Description of the task -> In the records below, locate the line containing "pub isoformat : ℕ → String", then extract it and all following lines exactly, ending with the last line.

Stored items ->

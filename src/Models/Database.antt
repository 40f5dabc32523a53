-- ===== src/Models/Database.antt =====
-- The database that a session sees: one record of tables, and the clock's reading.
use smmfalcron.Prelude.{ℕ, String, List}
use smmfalcron.Table.{Table}
use smmfalcron.Models.Users.{
  User, LedgerEntry, Reseller, Promoter, PayoutRequest, ReferralClick, RoleApplication,
}
use smmfalcron.Models.Catalog.{Provider, Category, Service, StarPrice, SyncRun}
use smmfalcron.Models.Orders.{
  Order, OrderEvent, Coupon, CouponRedemption, IdempotencyRecord, ResellerOrder,
}
use smmfalcron.Models.Payments.{Payment, PaymentEvent, AuditLog}

-- Tables that are only appended to hold their newest row first.
pub record Db : Type 0 where
  pub now : ℕ
  pub users : Table ℕ User
  pub ledger : List LedgerEntry
  pub resellers : Table ℕ Reseller
  pub promoters : Table ℕ Promoter
  pub payouts : List PayoutRequest
  pub referral_clicks : List ReferralClick
  pub applications : Table ℕ RoleApplication
  pub next_application_id : ℕ
  pub providers : Table String Provider
  pub categories : Table String Category
  pub services : Table String Service
  pub star_prices : List StarPrice
  pub settings : Table String String
  pub orders : Table ℕ Order
  pub next_order_id : ℕ
  pub order_events : List OrderEvent
  pub coupons : Table String Coupon
  pub redemptions : List CouponRedemption
  pub idempotency : Table String IdempotencyRecord
  pub reseller_orders : List ResellerOrder
  pub payments : Table String Payment
  pub payment_events : List PaymentEvent
  pub audit_logs : List AuditLog
  pub sync_runs : List SyncRun
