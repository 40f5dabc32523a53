-- ===== src/Models.antt =====
-- app/models.py: the rows of the tables that the money paths read and write, and the database as
-- one record of tables. Relationships and index options of the columns are not modelled, nor are
-- display columns (emoji, descriptions, notes). A time is a number of seconds.
mod Users
mod Catalog
mod Orders
mod Payments
mod Database
pub use Users.*
pub use Catalog.*
pub use Orders.*
pub use Payments.*
pub use Database.*
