-- ===== src/Env.antt =====
-- What the code takes from its platform: hashing, letter case, JSON text and the arithmetic of
-- 64-bit floats. None of it is in the repository, so it is a parameter of the model.
use smmfalcron.Prelude.{List, String, Bool, Option, true, ◌≡◌, ◌≢◌, suc, ℕ}
use smmfalcron.Prelude.Int.{ℤ, ◌≤ℤ◌, pos}
use smmfalcron.Models.{Float, Extra}

-- Python's operators on floats, and the conversions to and from integers that the code calls.
pub record Floats : Type 0 where
  -- `float(n)`, also where an integer meets a float in an operator
  pub of_int : ℤ → Float
  pub add : Float → Float → Float
  pub mul : Float → Float → Float
  pub div : Float → Float → Float
  -- `max(a, b)`, `min(a, b)`
  pub larger : Float → Float → Float
  pub smaller : Float → Float → Float
  pub le : Float → Float → Bool
  -- `int(math.ceil(x))`, `int(math.floor(x))`, `int(round(x))`, `int(x)`
  pub ceil : Float → ℤ
  pub floor : Float → ℤ
  pub round : Float → ℤ
  pub trunc : Float → ℤ
  -- the truth value of a float, as in `percent or 0.0`
  pub is_zero : Float → Bool
  -- `math.isfinite(x)`
  pub is_finite : Float → Bool

pub record Env : Type 0 where
  -- `hashlib.sha256(s.encode("utf-8")).hexdigest()`
  pub sha256_hex : String → String
  -- `hashlib.sha256(s.encode("utf-8")).digest()`
  pub sha256_bytes : String → List ℕ
  -- `hashlib.sha1(s.encode("utf-8")).hexdigest()`
  pub sha1_hex : String → String
  -- `s.upper()`, `s.lower()`, and whether a character is white space (`str.isspace`)
  pub upper : String → String
  pub lower : String → String
  pub is_space : ℕ → Bool
  -- `json.dumps` of an order's extra fields, with its keys sorted or in their order
  pub dumps_sorted : Extra → String
  pub dumps : Extra → String
  -- `datetime.isoformat()`
  pub isoformat : ℕ → String
  -- `str(n)` of an integer
  pub str_int : ℤ → String
  -- `f"{paise // 100:,}"`: whole rupees with commas between the thousands
  pub grouped_rupees : ℤ → String
  -- whether the database takes a number in an `Integer` column; a flush raises where it does not
  pub fits_integer : ℤ → Bool
  -- `float(s)`, and `none` where it raises
  pub parse_float : String → Option Float
  pub floats : Floats
  pub open floats use *

-- A digest is written in 64 digits.
pub record HasDigests (env : Env) : Type 0 where
  pub not_empty : (s : String) → env.sha256_hex s ≢ ""

-- What is documented of IEEE 754 arithmetic: conversion, division by a positive integer and `ceil`
-- are rounded so that they keep the order.
pub record IsOrdered (f : Floats) : Type 0 where
  pub of_int_mono : (a b : ℤ) → a ≤ℤ b → f.le (f.of_int a) (f.of_int b) ≡ true
  pub div_mono :
      (x y : Float) (n : ℕ)
      → f.le x y ≡ true
      → f.le (f.div x (f.of_int (pos (suc n)))) (f.div y (f.of_int (pos (suc n)))) ≡ true
  pub ceil_mono : (x y : Float) → f.le x y ≡ true → f.ceil x ≤ℤ f.ceil y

Written reply ->
  pub isoformat : ℕ → String
  -- `str(n)` of an integer
  pub str_int : ℤ → String
  -- `f"{paise // 100:,}"`: whole rupees with commas between the thousands
  pub grouped_rupees : ℤ → String
  -- whether the database takes a number in an `Integer` column; a flush raises where it does not
  pub fits_integer : ℤ → Bool
  -- `float(s)`, and `none` where it raises
  pub parse_float : String → Option Float
  pub floats : Floats
  pub open floats use *

-- A digest is written in 64 digits.
pub record HasDigests (env : Env) : Type 0 where
  pub not_empty : (s : String) → env.sha256_hex s ≢ ""

-- What is documented of IEEE 754 arithmetic: conversion, division by a positive integer and `ceil`
-- are rounded so that they keep the order.
pub record IsOrdered (f : Floats) : Type 0 where
  pub of_int_mono : (a b : ℤ) → a ≤ℤ b → f.le (f.of_int a) (f.of_int b) ≡ true
  pub div_mono :
      (x y : Float) (n : ℕ)
      → f.le x y ≡ true
      → f.le (f.div x (f.of_int (pos (suc n)))) (f.div y (f.of_int (pos (suc n)))) ≡ true
  pub ceil_mono : (x y : Float) → f.le x y ≡ true → f.ceil x ≤ℤ f.ceil y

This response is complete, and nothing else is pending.